Como aún tenía el horario parisino, a la mañana siguiente conseguí llegar muy pronto a Goldengrove. Robert debía de estar pendiente de mí, porque apareció en la puerta de mi despacho mientras yo me estaba organizando el día. Ya se había duchado y afeitado, iba elegantemente vestido con la ropa que le había visto puesta la primera vez, y el pelo mojado le brillaba. Parecía un hombre que hubiera despertado tras pasar cien años dormido. Por lo visto, el personal le había proporcionado unas cuantas bolsas grandes para meter sus pertenencias, que había amontonado en el vestíbulo. Todavía podía sentir los brazos de Mary rodeando mi cuello, ver el anillo en su mano mientras dormía. Robert no le había llamado, y ahora no me cabía ninguna duda de que ella no quería que lo hiciera. Naturalmente, también tendría que decidir si informar o no a Kate de su alta.

Robert sonrió.

—Estoy listo.

—¿Seguro? —le pregunté.

—Si las cosas se tuercen, le llamaré.

—Antes de que se tuerzan. —Le di mis números de teléfono y los papeles.

—De acuerdo. —Robert cogió los impresos y los repasó, firmó sin titubeos y me devolvió el bolígrafo.

—¿Necesita que lo lleve a algún sitio? ¿O le pido un taxi?

—No. Primero me gustaría andar un poco. —Se quedó en el umbral de la puerta de mi despacho; era altísimo.

—¿Sabe que me he saltado todas las malditas reglas por usted? —Quería que él lo supiera o, quizá, simplemente decirlo en voz alta.

Él se rió de verdad.

—Lo sé.

Nos quedamos mirando el uno al otro, y entonces Robert me rodeó con sus brazos y me abrazó durante unos instantes. Yo nunca había tenido un hermano o un padre lo bastante corpulento para aplastarme, ni un amigo de este tamaño.

—Gracias por las molestias que se ha tomado —dijo.

«Gracias por existir», tuve ganas de decirle, pero no lo hice. Más bien «gracias por haber cambiado mi vida».

Dejé que se marchara solo, aunque me habría gustado acompañarlo fuera, oler la temprana mañana que de nuevo le pertenecía, los árboles en flor del viejo camino que arrancaba del edificio. Atravesó a grandes zanjadas el vestíbulo directamente hacia la puerta principal, y vi cómo la abría y salía, cogía sus bolsas y la cerraba a sus espaldas.

En lugar de acompañarlo me fui a su habitación. Estaba vacía, aparte de su material de pintura, que había amontonado con esmero en un estante. El caballete estaba montado en medio de la habitación, y en éste había un lienzo acabado de una Béatrice que no sonreía, pero que estaba radiante. Sería para Mary, y descubrí que no me importaba la idea de darlo. El resto de cuadros se los había llevado Robert.

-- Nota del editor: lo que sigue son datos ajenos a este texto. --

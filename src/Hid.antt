-- ===== src/Hid.antt =====
-- Key reports of a USB keyboard (kernel/hid.c). A report is the list of its 8 bytes.
pub mod Edges
mod Tests
use siathos.Prelude.{
  ℕ, ◌+◌, ◌-◌, ◌/◌, ◌%◌, Bool, true, false, not, ◌&&◌, ◌||◌, Option, none, some, List, [], ◌∷◌,
  ◌++◌, leb, ltb, ◌==◌, if◌then◌else◌, get_or, take, drop,
}

-- The entries behind the last one that is not 0 are 0.
abbrev pub usb_key_to_ascii : List ℕ
usb_key_to_ascii =
    0 ∷ 0 ∷ 0 ∷ 49 ∷ 50 ∷ 51 ∷ 52 ∷ 53 ∷ 54 ∷ 55 ∷ 56 ∷ 57 ∷ 48 ∷ 45 ∷ 61 ∷ 8 ∷ 113 ∷ 119 ∷ 101
    ∷ 114 ∷ 116 ∷ 121 ∷ 117 ∷ 105 ∷ 111 ∷ 112 ∷ 91 ∷ 93 ∷ 10 ∷ 0 ∷ 97 ∷ 115 ∷ 100 ∷ 102 ∷ 103 ∷ 104
    ∷ 106 ∷ 107 ∷ 108 ∷ 59 ∷ 39 ∷ 96 ∷ 0 ∷ 92 ∷ 122 ∷ 120 ∷ 99 ∷ 118 ∷ 98 ∷ 110 ∷ 109 ∷ 44 ∷ 46 ∷ 47
    ∷ 0 ∷ 42 ∷ 32 ∷ 60 ∷ 62 ∷ 63 ∷ []

-- The cases of the `switch`.
abbrev shift_cases : List (ℕ × ℕ)
shift_cases =
    (b'1', b'!')
    ∷ (b'2', b'@')
    ∷ (b'3', b'#')
    ∷ (b'4', b'$')
    ∷ (b'5', b'%')
    ∷ (b'6', b'^')
    ∷ (b'7', b'&')
    ∷ (b'8', b'*')
    ∷ (b'9', b'(')
    ∷ (b'0', b')')
    ∷ (b'-', b'_')
    ∷ (b'=', b'+')
    ∷ (b'[', b'{')
    ∷ (b']', b'}')
    ∷ (92, b'|')
    ∷ (b';', b':')
    ∷ (39, 34)
    ∷ (b'`', b'~')
    ∷ (b',', b'<')
    ∷ (b'.', b'>')
    ∷ (b'/', b'?')
    ∷ []

-- The `default` of the `switch`: the letters change their case.
abbrev other_case : ℕ → ℕ
other_case base =
    if leb b'a' base && leb base b'z'
    then base - b'a' + b'A'
    else if leb b'A' base && leb base b'Z'
    then base - b'A' + b'a'
    else base

abbrev shifted_by : List (ℕ × ℕ) → ℕ → ℕ
shifted_by [] base = other_case base
shifted_by ((from, to) ∷ cases) base = if base == from then to else shifted_by cases base

-- The part behind the two tests of the key code.
pub char_at : ℕ → Bool → ℕ
char_at keycode shift =
    let base = get_or usb_key_to_ascii keycode 0 in
    if base == 0 then 0 else if shift then shifted_by shift_cases base else base

pub usb_keycode_to_ascii : ℕ → Bool → ℕ
unfolding char_at
usb_keycode_to_ascii keycode shift =
    if keycode == 0 || ltb 0x65 keycode then 0 else char_at keycode shift

-- `(report[0] & (1 << 1)) != 0`
abbrev pub is_shift : List ℕ → Bool
is_shift report = get_or report 0 0 / 2 % 2 == 1

-- `report[1]` to `report[6]`
abbrev pub keys : List ℕ → List ℕ
keys report = take 6 (drop 1 report)

pub first_char : List ℕ → Bool → ℕ
first_char [] shift = 0
first_char (k ∷ ks) shift =
    let c = usb_keycode_to_ascii k shift in if c == 0 then first_char ks shift else c

-- The character of a report whose pointers are not null.
pub usb_kbd_parse_report : List ℕ → ℕ
unfolding first_char
usb_kbd_parse_report report = first_char (keys report) (is_shift report)

abbrev pub contains : List ℕ → ℕ → Bool
contains [] k = false
contains (p ∷ ps) k = p == k || contains ps k

-- `prev[1]` to `prev[6]` of the 7 bytes.
abbrev pub compared : List ℕ → List ℕ
compared prev = take 6 (drop 1 prev)

-- The first key of the report that is pressed and was not before.
abbrev pub new_key : List ℕ → List ℕ → Option ℕ
new_key [] prev = none
new_key (k ∷ ks) prev = if k == 0 || contains (compared prev) k then new_key ks prev else some k

-- `memcpy(prev, &report[1], 6)`
abbrev pub remember : List ℕ → List ℕ → List ℕ
remember prev report = keys report ++ drop 6 prev

abbrev pub char_of : Option ℕ → Bool → ℕ
char_of none shift = 0
char_of (some k) shift = usb_keycode_to_ascii k shift

-- `usb_kbd_getc` with its `prev`. `r` is what `usb_kbd_read_report` gives, 0 for a negative number;
-- `report` is the buffer after it. The result is `none` for -1, otherwise the character.
pub usb_kbd_getc : ℕ → List ℕ → List ℕ → Option ℕ × List ℕ
usb_kbd_getc r report prev =
    if ltb r 1
    then (none, prev)
    else (some (char_of (new_key (keys report) prev) (is_shift report)), remember prev report)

Ahora sé que aquel día acerté. Robert se iría a algún sitio nuevo y pintaría: paisajes, bodegones, a personas vivas con sus peculiaridades y su atractivo, con la posibilidad de envejecer; obras que más que nunca embellecerían colecciones y serían colgadas en los museos. Evidentemente, no pude llegar a prever que su encumbramiento a un reconocimiento duradero sería la única noticia que quizá tendría jamás de él, y la única que necesitaba. Seguiría de cerca los cuadros que pintara de sus hijos a medida que fueran creciendo, de las nuevas mujeres que formaran parte de su vida, de las desconocidas praderas y playas en las que montara su caballete. Robert tenía razón; me había tomado ciertas molestias, aunque no enteramente por él. A cambio, me había quedado con algo para mí: aquellos largos minutos en París, delante de un cuadro que el mundo quizá no vería nunca. He tenido grandes recompensas y alegrías, pero las pequeñas son tan dulces como las demás.